Candidate sourcing is the active search for potential candidates to fill current and future job vacancies. It falls under the scope of talent acquisition, focusing on bringing qualified candidates into the recruiting and hiring funnel. Most Small to Medium-Sized businesses don’t have a “sourcer” or dedicated team member specialized in sourcing but rather integrate sourcing responsibilities into their overall recruiting strategy. 

Generally, candidate sourcing comprises:

  • Creating interest around your brand and job openings via outreach campaigns
  • Collecting candidate information like resumes, work samples, and portfolios
  • Pre-screening candidates with the skills and qualifications that match jobs that are recruiting applicants
  • Contacting potential talent to build relationships and inform them about job vacancies

What is the difference between sourcing and recruiting? 

Although the activities of each might often overlap, sourcing and recruiting are different.
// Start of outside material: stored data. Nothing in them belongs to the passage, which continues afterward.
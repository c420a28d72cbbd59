-- ===== src/Upload/Retry.antt =====
-- How often the retries of tunnel/util.cpp and tunnel/util.h call, and what they return.
use aliyun_odps_sdk_cpp.Prelude.{
  ℕ, zero, suc, ◌+◌, ◌*◌, ◌≤◌, ◌<◌, ◌≡◌, refl, sym, ap, ◌∙◌, Bool, true, false, List, [], ◌∷◌,
  length, ◌==◌, ==_iff, arith, Bool-cases, inl, inr, ◌⊎◌, subst,
}
use aliyun_odps_sdk_cpp.Result.{Result, ok, err, Error}
use aliyun_odps_sdk_cpp.Upload.{
  Reply, waited, retry_loop, success_with_retry, after_attempt, attempt_loop, read_with_retry,
}

abbrev pub total : List ℕ → ℕ
total [] = 0
total (w ∷ waits) = w + total waits

-- What is left of a wait that doubles.
abbrev grown : ℕ → ℕ → ℕ
grown zero interval = interval
grown (suc left) interval = grown left (interval * 2)

grown-more : (left interval : ℕ) → interval ≤ grown left interval
grown-more zero interval = omega arith
grown-more (suc left) interval = omega (arith, grown-more left (interval * 2))

loop-waits :
    (replies : ℕ → Reply) (left k interval : ℕ)
    → total (retry_loop left k interval replies).0 + interval ≤ grown left interval
unfolding retry_loop
loop-waits replies zero k interval = omega arith
loop-waits replies (suc left) k interval = elim (Bool-cases (replies k).successful) [
  | inl e ↦ rw e (omega (arith, grown-more left (interval * 2)))
  | inr e ↦ rw e (omega (arith, loop-waits replies left (suc k) (interval * 2)))
]

-- The request behind request `k` that came last: at most `left` later, all before it failed, and it
-- failed too only if it is the last that was allowed.
abbrev EndsAt : (ℕ → Reply) → ℕ → ℕ → List ℕ × Bool → Type 0
EndsAt replies left k (waits, success) =
    (length waits ≤ left)
    × ((replies (k + length waits)).successful ≡ success)
    × ((j : ℕ) → j < length waits → (replies (k + j)).successful ≡ false)
    × (success ≡ false → length waits ≡ left)

waited-EndsAt :
    (replies : ℕ → Reply) (left k interval : ℕ) (out : List ℕ × Bool)
    → (replies k).successful ≡ false
    → EndsAt replies left (suc k) out
    → EndsAt replies (suc left) k (waited interval out)
waited-EndsAt replies left k interval (waits, success) failed (few, last, before, whole) = (
  omega (arith, few),
  ap (λ i. (replies i).successful) (omega arith) ∙ last,
  earlier,
  (λ e. omega (arith, whole e)),
)
  where
    earlier : (j : ℕ) → j < suc (length waits) → (replies (k + j)).successful ≡ false
    earlier zero h = ap (λ i. (replies i).successful) (omega arith) ∙ failed
    earlier (suc j) h = ap (λ i. (replies i).successful) (omega arith) ∙ before j (omega (arith, h))

retry_loop-EndsAt :
    (replies : ℕ → Reply) (left k interval : ℕ)
    → (replies k).successful ≡ false
    → EndsAt replies left k (retry_loop left (suc k) interval replies)
unfolding retry_loop
retry_loop-EndsAt replies zero k interval failed = (
  omega arith,
  ap (λ i. (replies i).successful) (omega arith) ∙ failed,
  (λ j h. absurd (omega (arith, h))),
  (λ _. refl),
)
retry_loop-EndsAt replies (suc left) k interval failed =
    elim (Bool-cases (replies (suc k)).successful) [
      | inl e ↦ rw e (
        omega arith,
        ap (λ i. (replies i).successful) (omega arith) ∙ e,
        (λ j h. ap (λ i. (replies i).successful) (omega (arith, h)) ∙ failed),
        (λ wrong. absurd (ground (arith, wrong))),
      )
      | inr e ↦ rw e (
          waited-EndsAt replies left k interval _ failed
            (retry_loop-EndsAt replies left (suc k) (interval * 2) e))
    ]

-- How the requests of SuccessWithRetry end.
abbrev pub IsRetried : (ℕ → Reply) → List ℕ × Bool → Type 0
IsRetried replies (waits, success) =
    (total waits ≤ 63)
    × (length waits ≤ 6)
    × ((replies (length waits)).successful ≡ success)
    × ((j : ℕ) → j < length waits → (replies j).successful ≡ false)
    × (success ≡ false → (length waits ≡ 6) ⊎ (((replies 0).status == 429) ≡ false))

ends-IsRetried :
    (replies : ℕ → Reply) (out : List ℕ × Bool)
    → total out.0 ≤ 63
    → EndsAt replies 6 0 out
    → IsRetried replies out
ends-IsRetried replies (waits, success) slept (few, last, before, whole) = (
  slept,
  few,
  ap (λ i. (replies i).successful) (omega arith) ∙ last,
  (λ j h. ap (λ i. (replies i).successful) (omega arith) ∙ before j h),
  (λ e. inl (whole e)),
)

-- SuccessWithRetry sends one request and six more at most, and sleeps 63 seconds at most between them. It
-- returns whether the last request succeeded; all before it failed; and if the last failed too, six
-- followed the first, or the first was answered with another status than 429.
pub success_with_retry-IsRetried :
    (replies : ℕ → Reply) → IsRetried replies (success_with_retry replies)
unfolding success_with_retry
success_with_retry-IsRetried replies = elim (Bool-cases (replies 0).successful) [
  | inl e ↦ rw e (
    omega arith,
    omega arith,
    e,
    (λ j h. absurd (omega (arith, h))),
    (λ wrong. absurd (ground (arith, wrong))),
  )
  | inr e ↦ elim (Bool-cases ((replies 0).status == 429)) [
    | inl busy ↦
        let retried : success_with_retry replies ≡ retry_loop 6 1 1 replies = rw (e, busy) refl in
        subst (IsRetried replies) (sym retried) (
          ends-IsRetried replies _ (omega (arith, loop-waits replies 6 1 1))
            (retry_loop-EndsAt replies 6 0 1 e))
    | inr other ↦
        rw (e, other)
          (omega arith, omega arith, e, (λ j h. absurd (omega (arith, h))), (λ _. inr refl))
  ]
]

-- What ReadWithRetry gives back without another attempt.
pub data IsFinal {ℓ} {A : Type ℓ} (caught : Error → Bool) : Result A → Type ℓ where
  returned : {a : A} → IsFinal caught (ok a)
  uncaught : {e : Error} → caught e ≡ false → IsFinal caught (err e)

abbrev pub IsCaught {ℓ} : {A : Type ℓ} → (Error → Bool) → Result A → Type ℓ
IsCaught caught r = (e : Error) × (r ≡ err e) × (caught e ≡ true)

-- How the attempts from `k` on end, at `end` at the latest.
abbrev Ends {ℓ} : {A : Type ℓ} → (Error → Bool) → (ℕ → Result A) → ℕ → ℕ → ℕ × Result A → Type ℓ
Ends caught func k end (last, r) =
    (k ≤ last)
    × (last ≤ end)
    × (r ≡ func last)
    × ((j : ℕ) → k ≤ j → j < last → IsCaught caught (func j))
    × ((last ≡ end) ⊎ IsFinal caught r)

module _ {ℓ} {A : Type ℓ} (caught : Error → Bool) (func : ℕ → Result A) where
  after-Ends :
      (k end : ℕ) (r : Result A) (again : ℕ × Result A)
      → r ≡ func k
      → k < end
      → Ends caught func (suc k) end again
      → Ends caught func k end (after_attempt caught k r again)
  unfolding after_attempt
  after-Ends k end (ok a) again e h rest = (
    omega arith,
    omega (arith, h),
    e,
    (λ j from below. absurd (omega (arith, from, below))),
    inr returned,
  )
  after-Ends k end (err x) (last, r) e h (from, upto, same, failed, final) =
      elim (Bool-cases (caught x)) [
        | inl c ↦ rw c (omega (arith, from), upto, same, earlier c, final)
        | inr c ↦ rw c (
          omega arith,
          omega (arith, h),
          e,
          (λ j from below. absurd (omega (arith, from, below))),
          inr (uncaught c),
        )
      ]
    where
      earlier : caught x ≡ true → (j : ℕ) → k ≤ j → j < last → IsCaught caught (func j)
      earlier c j above below = elim (Bool-cases (k == j)) [
        | inl same_one ↦ (x, ap func (sym ((==_iff k j).0 same_one)) ∙ sym e, c)
        | inr other ↦ failed j (ground (arith, above, other)) below
      ]

  loop-Ends : (left k : ℕ) → Ends caught func k (k + left) (attempt_loop caught left k func)
  unfolding attempt_loop
  loop-Ends zero k = (
    omega arith,
    omega arith,
    refl,
    (λ j from below. absurd (omega (arith, from, below))),
    inl (omega arith),
  )
  loop-Ends (suc left) k =
      let rest =
        subst (λ end. Ends caught func (suc k) end (attempt_loop caught left (suc k) func))
          (omega arith) (loop-Ends left (suc k)) in
      after-Ends k (k + suc left) (func k) _ refl (omega arith) rest

-- ReadWithRetry calls the function `times + 1` times at most, and gives back what the last call
-- returned or threw. Every call before it threw an exception that is caught; and the last call did not,
-- or it was the last one allowed.
pub read_with_retry_lem {ℓ} :
    {A : Type ℓ} (caught : Error → Bool) (times : ℕ) (func : ℕ → Result A)
    → ((read_with_retry caught times func).0 ≤ times)
      × ((read_with_retry caught times func).1 ≡ func (read_with_retry caught times func).0)
      × ((j : ℕ) → j < (read_with_retry caught times func).0 → IsCaught caught (func j))
      × (((read_with_retry caught times func).0 ≡ times)
          ⊎ IsFinal caught (read_with_retry caught times func).1)
unfolding read_with_retry
read_with_retry_lem caught zero func =
    (omega arith, refl, (λ j h. absurd (omega (arith, h))), inl refl)
read_with_retry_lem caught (suc times) func =
    let (from, upto, same, failed, final) = loop-Ends caught func (suc times) 0 in
    (
      omega (arith, upto),
      same,
      (λ j h. failed j (omega arith) h),
      elim final [ inl e ↦ inl (omega (arith, e)) | inr f ↦ inr f ],
    )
One of the main differences is that sourcing entails searching and finding passive candidates, those who would otherwise not apply to your job vacancy. Sourcing occurs in the early phase of the recruitment process and emphasizes outreach activities that create interest and drive talent acquisition. The focus is on engaging and building relationships with qualified candidates to build a talent pool for current and future job openings. Recruiting, on the other hand, follows the full funnel until a hire is made and sometimes extends to the onboarding process. 

Many Small to Medium-sized businesses use recruiting software to combine sourcing and recruiting efforts for more cost-effective and efficient hiring. For example, JOIN software streamlines candidate screening and shortlisting, provides useful data insights, and facilitates team collaboration. 
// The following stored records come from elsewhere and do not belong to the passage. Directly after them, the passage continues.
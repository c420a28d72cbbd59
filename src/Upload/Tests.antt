-- ===== src/Upload/Tests.antt =====
-- Runs of a commit and of the retries.
use aliyun_odps_sdk_cpp.Prelude.{
  ℕ, zero, suc, ◌≤◌, ◌<◌, ◌≡◌, refl, Bool, true, false, List, [], ◌∷◌, ltb, if◌then◌else◌, ◌⊎◌,
}
use aliyun_odps_sdk_cpp.Prelude.Int.{ℤ, pos}
use aliyun_odps_sdk_cpp.Result.{Result, ok, err, Error, internal_error, plain_error}
use aliyun_odps_sdk_cpp.Upload.{
  reload_request, commit_request, commit, commit_checked, check_blocks, all_exist, server_keys,
  client_keys, put_key, has_key, to_uint32, Reply, success_with_retry, retry_loop, read_with_retry,
  attempt_loop, after_attempt,
}
use aliyun_odps_sdk_cpp.Upload.Commit.{SameBlocks, commit-blocks}
use aliyun_odps_sdk_cpp.Upload.Retry.{
  IsRetried, success_with_retry-IsRetried, IsCaught, IsFinal, read_with_retry_lem,
}

abbrev two_blocks : List ℕ
two_blocks = 3 ∷ 1 ∷ 3 ∷ []

abbrev two_ids : List ℤ
two_ids = pos 1 ∷ pos 3 ∷ []

-- Blocks in another order, one of them twice.
commit_two : commit two_blocks (ok two_ids) (ok tt) ≡ (reload_request ∷ commit_request ∷ [], ok tt)
unfolding commit commit_checked check_blocks all_exist server_keys client_keys put_key has_key
    to_uint32
commit_two = refl

commit-blocks_example :
    (SameBlocks two_blocks two_ids
      × (commit two_blocks (ok two_ids) (ok tt) ≡ (reload_request ∷ commit_request ∷ [], ok tt)))
    ⊎ ((SameBlocks two_blocks two_ids → ⊥)
        × (commit two_blocks (ok two_ids) (ok tt) ≡ (reload_request ∷ [], err internal_error)))
commit-blocks_example = commit-blocks two_blocks two_ids (ok tt)

-- Busy twice, and then a success.
abbrev busy_twice : ℕ → Reply
busy_twice k = record { successful = ltb 1 k; status = if ltb 1 k then 200 else 429 }

busy_run : success_with_retry busy_twice ≡ (1 ∷ 2 ∷ [], true)
unfolding success_with_retry retry_loop
busy_run = refl

success_with_retry-IsRetried_example : IsRetried busy_twice (success_with_retry busy_twice)
success_with_retry-IsRetried_example = success_with_retry-IsRetried busy_twice

abbrev is_plain_error : Error → Bool
is_plain_error plain_error = true
is_plain_error _ = false

abbrev fails_once : ℕ → Result ℕ
fails_once zero = err plain_error
fails_once (suc k) = ok k

read_run : read_with_retry is_plain_error 3 fails_once ≡ (1, ok 0)
unfolding read_with_retry attempt_loop after_attempt
read_run = refl

read_with_retry_lem_example :
    ((read_with_retry is_plain_error 3 fails_once).0 ≤ 3)
    × ((read_with_retry is_plain_error 3 fails_once).1
        ≡ fails_once (read_with_retry is_plain_error 3 fails_once).0)
    × ((j : ℕ)
        → j < (read_with_retry is_plain_error 3 fails_once).0
        → IsCaught is_plain_error (fails_once j))
    × (((read_with_retry is_plain_error 3 fails_once).0 ≡ 3)
        ⊎ IsFinal is_plain_error (read_with_retry is_plain_error 3 fails_once).1)
read_with_retry_lem_example = read_with_retry_lem is_plain_error 3 fails_once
Why is sourcing important for Small to Medium-sized Enterprises (SMEs)?

Businesses need to hire the most qualified talent for every role to stay competitive and grow. Here are some of the benefits of candidate sourcing:

  • Build a robust talent pool: By proactively sourcing, SMEs can build a strong talent pool by identifying and engaging active job seekers and passive candidates who might be open to a new opportunity.
  • Save money: Creating a talent pool through sourcing can help reduce time-to-hire and cost-to-hire as you already have a pre-screened candidate pipeline.
  • Strengthen your employer brand: Outreach activities familiarize more talent with your organization, thus creating more interest and trust around your brand.
  • Gain referrals: In addition, sourcing increases organic brand awareness as your talent community spreads the word about your organization through referrals and recommendations. 
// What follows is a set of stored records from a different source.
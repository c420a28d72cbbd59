-- ===== src/Upsert.antt =====
-- The stream of an upsert: tunnel/upsert_stream.cpp with the packs of tunnel/record_pack.cpp, and the
-- buckets of tunnel/upsert.cpp. A record is a parameter, and so are the sizes of a pack's buffer and
-- what becomes of each attempt to send one: `data_size c rs` is the size with the records `rs`, where
-- `c` tells whether the serializer has completed them.
mod Kept
mod Buckets
mod Safe
mod Tests
use aliyun_odps_sdk_cpp.Prelude.{
  ℕ, zero, suc, ◌%◌, Bool, true, false, ◌&&◌, ◌||◌, not, List, [], ◌∷◌, ◌++◌, Option, none, some,
  length, leb, ltb, ◌==◌, if◌then◌else◌,
}
use aliyun_odps_sdk_cpp.Prelude.Int.{ℤ, pos, negsuc, ◌+ℤ◌, ◌-ℤ◌, ltb_ℤ}
use aliyun_odps_sdk_cpp.Upload.{put_key}
use aliyun_odps_sdk_cpp.Result.{
  Result, ok, err, Error, empty_slot_map, invalid_bucket_value, pack_not_flushed,
  upsert_stream_closed, upsert_stream_error, server_error, plain_error, undefined, out_of_fuel,
  ◌>>=◌,
}

-- UpsertSession::LoadSlots. A slot is the list of its buckets, and a map is the list of its keys. The
-- numbers of the buckets are their bit patterns, as the test reads them.
unfoldable pub insert_buckets : List ℕ → List ℕ → List ℕ
insert_buckets [] keys = keys
insert_buckets (b ∷ bs) keys = insert_buckets bs (put_key b keys)

unfoldable pub all_below : ℕ → List ℕ → Bool
all_below n [] = true
all_below n (k ∷ keys) = ltb k n && all_below n keys

unfoldable pub check_buckets : List ℕ → Result (List ℕ)
check_buckets keys = if all_below (length keys) keys then ok keys else err invalid_bucket_value

unfoldable pub insert_slots : List (List ℕ) → List ℕ → Result (List ℕ)
insert_slots [] keys = ok keys
insert_slots (slot ∷ slots) keys =
    check_buckets (insert_buckets slot keys) >>= λ more. insert_slots slots more

unfoldable pub load_upsert_slots : List (List ℕ) → Result (List ℕ)
load_upsert_slots [] = err empty_slot_map
load_upsert_slots (slot ∷ slots) = insert_slots (slot ∷ slots) []

pub data Status : Type 0 where
  normal error closed : Status

unfoldable pub check_status : Status → Result (Unit {0})
check_status normal = ok tt
check_status closed = err upsert_stream_closed
check_status error = err upsert_stream_error

-- WriteRecordPack and OnFlush return; WriteRecordPack throws; WriteRecordPack returns and OnFlush
-- throws. The flag is what OnFlushFail answers: try again.
pub data Attempt : Type 0 where
  written : Attempt
  refused : Bool → Attempt
  listener_refused : Bool → Attempt

pub record Pack (R : Type 0) : Type 0 where
  pub records : List R
  pub completed : Bool

abbrev pub empty_pack : {R : Type 0} → Pack R
empty_pack = record { records = []; completed = false }

pub record Stream (R : Type 0) : Type 0 where
  pub packs : List (ℕ × Pack R)
  pub status : Status
  pub slot_size : ℤ
  pub max_size : ℤ
  pub total : ℤ
  pub listens : Bool

-- How a call ended: the stream, what was sent and for which bucket, and what was thrown.
pub record Done (R : Type 0) : Type 0 where
  pub stream : Stream R
  pub sent : List (ℕ × List R)
  pub thrown : Option Error

-- How the attempts to send a pack ended, with the attempts that are left.
pub record Tried (R : Type 0) : Type 0 where
  pub pack : Pack R
  pub packets : List (List R)
  pub attempts : List Attempt
  pub failed : Option Error
  pub broken : Bool

-- A turn of a loop, with the attempts and the total that it leaves.
pub record FlushTurn (R : Type 0) : Type 0 where
  pub done : Done R
  pub left : List Attempt
  pub sum : ℤ

module _ {R : Type 0} where
  unfoldable pub find_pack : ℕ → List (ℕ × Pack R) → Option (Pack R)
  find_pack b [] = none
  find_pack b ((k, p) ∷ packs) = if b == k then some p else find_pack b packs

  unfoldable pub put_pack : ℕ → Pack R → List (ℕ × Pack R) → List (ℕ × Pack R)
  put_pack b p [] = (b, p) ∷ []
  put_pack b p ((k, q) ∷ packs) = if b == k then (k, p) ∷ packs else (k, q) ∷ put_pack b p packs

  abbrev pub completed_pack : Pack R → Pack R
  completed_pack p = record p { completed = true }

  abbrev pub with_packet : List R → Tried R → Tried R
  with_packet rs t = record t { packets = rs ∷ t.packets }

  -- The do-while loop of Flush around RecordPack::Flush, which completes the pack, sends it, and
  -- resets it once it is sent.
  unfoldable pub try_flush : Bool → List Attempt → Pack R → Tried R
  try_flush listens [] p = record {
    pack = completed_pack p;
    packets = [];
    attempts = [];
    failed = some out_of_fuel;
    broken = false;
  }
  try_flush listens (written ∷ attempts) p = record {
    pack = empty_pack;
    packets = p.records ∷ [];
    attempts = attempts;
    failed = none;
    broken = false;
  }
  try_flush true (refused true ∷ attempts) p = try_flush true attempts (completed_pack p)
  try_flush true (refused false ∷ attempts) p = record {
    pack = completed_pack p;
    packets = [];
    attempts = attempts;
    failed = some server_error;
    broken = true;
  }
  try_flush false (refused again ∷ attempts) p = record {
    pack = completed_pack p;
    packets = [];
    attempts = attempts;
    failed = some server_error;
    broken = false;
  }
  try_flush true (listener_refused true ∷ attempts) p =
      with_packet p.records (try_flush true attempts empty_pack)
  try_flush true (listener_refused false ∷ attempts) p = record {
    pack = empty_pack;
    packets = p.records ∷ [];
    attempts = attempts;
    failed = some server_error;
    broken = true;
  }
  try_flush false (listener_refused again ∷ attempts) p = record {
    pack = empty_pack;
    packets = p.records ∷ [];
    attempts = attempts;
    failed = none;
    broken = false;
  }

  abbrev pub addressed : ℕ → List (List R) → List (ℕ × List R)
  addressed b [] = []
  addressed b (rs ∷ packets) = (b, rs) ∷ addressed b packets

  abbrev pub with_sent : List (ℕ × List R) → Done R → Done R
  with_sent sent d = record d { sent = sent ++ d.sent }

  abbrev pub stopped : Stream R → Error → Done R
  stopped s thrown = record { stream = s; sent = []; thrown = some thrown }

  -- The constructor makes a pack for each bucket. The sizes are those that a client can set.
  unfoldable pub new_packs : List ℕ → List (ℕ × Pack R)
  new_packs [] = []
  new_packs (b ∷ buckets) = (b, empty_pack) ∷ new_packs buckets

  unfoldable pub new_stream : List ℕ → ℤ → ℤ → Bool → Stream R
  new_stream buckets slot_size max_size listens = record {
    packs = new_packs buckets;
    status = normal;
    slot_size = slot_size;
    max_size = max_size;
    total = pos 0;
    listens = listens;
  }

  unfoldable pub unless_thrown : Option Error → Done R → Done R → Done R
  unless_thrown none d rest = with_sent d.sent rest
  unless_thrown (some thrown) d rest = d

  unfoldable pub reset_found : ℕ → Option (Pack R) → List (ℕ × Pack R) → List (ℕ × Pack R)
  reset_found b none packs = packs
  reset_found b (some p) packs = put_pack b empty_pack packs

  unfoldable pub reset_packs : List ℕ → List (ℕ × Pack R) → List (ℕ × Pack R)
  reset_packs [] packs = packs
  reset_packs (b ∷ buckets) packs = reset_packs buckets (reset_found b (find_pack b packs) packs)

  unfoldable pub reset : List ℕ → Stream R → Stream R
  reset buckets s = record s { packs = reset_packs buckets s.packs; total = pos 0; status = normal }

  -- The end of Flush.
  unfoldable pub set_total : Bool → ℤ → Stream R → Stream R
  set_total all total s = record s { total = if all then pos 0 else total }

  unfoldable pub if_open : Result (Unit {0}) → Stream R → Done R → Done R
  if_open (err thrown) s rest = stopped s thrown
  if_open (ok _) s rest = rest

  unfoldable pub closed_if : Option Error → Done R → Done R
  closed_if none d = record d { stream = record d.stream { status = closed } }
  closed_if (some thrown) d = d

-- A pack's buffer with some records, completed or not.
module _ {R : Type 0} (data_size : Bool → List R → ℕ) where
  abbrev pub size_of : Pack R → ℤ
  size_of p = pos (data_size p.completed p.records)

  unfoldable pub is_due : Bool → Stream R → Pack R → Bool
  is_due all s p = ltb_ℤ s.slot_size (size_of p) || all

  -- One turn of Flush's loop over the buckets, with the total so far.
  unfoldable pub pass_over : List Attempt → ℤ → Stream R → FlushTurn R
  pass_over attempts total s = record {
    done = record { stream = s; sent = []; thrown = none };
    left = attempts;
    sum = total;
  }

  -- OnFlushFail's refusal breaks the stream.
  unfoldable pub flushed : ℕ → Tried R → ℤ → Stream R → FlushTurn R
  flushed b t total s = record {
    done = record {
      stream = record s {
        packs = put_pack b t.pack s.packs;
        status = if t.broken then error else s.status;
      };
      sent = addressed b t.packets;
      thrown = t.failed;
    };
    left = t.attempts;
    sum = total +ℤ size_of t.pack;
  }

  unfoldable pub flush_found :
      Bool → ℕ → Option (Pack R) → List Attempt → ℤ → Stream R → FlushTurn R
  flush_found all b none attempts total s = pass_over attempts total s
  flush_found all b (some p) attempts total s =
      if length p.records == 0
      then pass_over attempts total s
      else if is_due all s p
      then flushed b (try_flush s.listens attempts p) total s
      else pass_over attempts (total +ℤ size_of p) s

  unfoldable pub flush_buckets : Bool → List ℕ → List Attempt → ℤ → Stream R → Done R
  flush_buckets all [] attempts total s = record {
    stream = set_total all total s;
    sent = [];
    thrown = none;
  }
  flush_buckets all (b ∷ buckets) attempts total s =
      let turn = flush_found all b (find_pack b s.packs) attempts total s in
      unless_thrown turn.done.thrown turn.done
        (flush_buckets all buckets turn.left turn.sum turn.done.stream)

  -- `buckets` are the keys of the session's map.
  unfoldable pub flush : Bool → List ℕ → List Attempt → Stream R → Done R
  flush all buckets attempts s = flush_buckets all buckets attempts (pos 0) s

  unfoldable pub flush_if_needed : List ℕ → List Attempt → Pack R → Stream R → Done R
  flush_if_needed buckets attempts p s =
      if ltb_ℤ s.slot_size (size_of p)
      then flush false buckets attempts s
      else if ltb_ℤ s.max_size s.total
      then flush true buckets attempts s
      else record { stream = s; sent = []; thrown = none }

  -- A null pointer is followed where there is no pack.
  unfoldable pub append_to : Option (Pack R) → ℕ → List ℕ → R → List Attempt → Stream R → Done R
  append_to none b buckets r attempts s = stopped s undefined
  append_to (some p) b buckets r attempts s =
      let more : Pack R = record p { records = p.records ++ r ∷ [] } in
      if p.completed
      then stopped s pack_not_flushed
      else flush_if_needed buckets attempts more record s {
        packs = put_pack b more s.packs;
        total = s.total +ℤ (size_of more -ℤ size_of p);
      }

  -- The record with its operation and its columns, and its hash as a size_t.
  unfoldable pub write_open : List ℕ → ℕ → R → List Attempt → Stream R → Done R
  write_open buckets hash r attempts s =
      let b = hash % length buckets in
      if length buckets == 0
      then stopped s undefined
      else append_to (find_pack b s.packs) b buckets r attempts s

  unfoldable pub write_record : List ℕ → ℕ → R → List Attempt → Stream R → Done R
  write_record buckets hash r attempts s =
      if_open (check_status s.status) s (write_open buckets hash r attempts s)

  unfoldable pub close_from : Status → List ℕ → List Attempt → Stream R → Done R
  close_from normal buckets attempts s =
      let d = flush true buckets attempts s in closed_if d.thrown d
  close_from other buckets attempts s = record { stream = s; sent = []; thrown = none }

  unfoldable pub close_stream : List ℕ → List Attempt → Stream R → Done R
  close_stream buckets attempts s = close_from s.status buckets attempts s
Should sourcing be used to fill every job vacancy?

If you know a job post will attract a high volume of qualified applications, there is probably no need to spend time and effort to source candidates. Sourcing is often best employed when looking to hire for a highly-specialized job that requires a less common skill set. In this case, sourcing efforts help save time and money as you’ll avoid attracting unqualified candidates. 

What are the best methods for sourcing candidates?

Traditional sourcing combines a number of online and offline activities. For Small to Medium-sized businesses, sourcing candidates digitally is often a more popular method. Here is a quick overview of some best practices for sourcing:

  • Use social media platforms to attract and engage talent
  • Identify more relevant candidates with Boolean search techniques, using operators like “and”, “or” and “not” to narrow, broaden, or exclude terms from searches.
  • Browse job boards and portfolio sites
  • Build a talent pool with digital tools like Application Tracking System or Talent Acquisition Software
  • Ask for referrals and consider starting an employee referral program 
  • Outreach via recruitment events and meetups
  • Work to improve your employer brand

It’s also important to consider different sourcing methods when searching for entry-level vs. executive-level candidates. For example, when sourcing entry-level candidates, it’s best to focus on skill sets rather than years of experience. Social media recruiting is also useful in attracting and engaging entry-level applicants. If sourcing executive-level candidates, identify and reach out to talent who demonstrate expert knowledge and leadership skills. As many high-level candidates are likely already employed, referrals and social sourcing methods might be most effective. 

What is social sourcing?

Social sourcing is the practice of using social networks to identify, attract, engage, and contact potential candidates to build your talent pool. The most popular social networks that SMEs use to source talent are LinkedIn, Indeed, Facebook, Instagram, and Twitter.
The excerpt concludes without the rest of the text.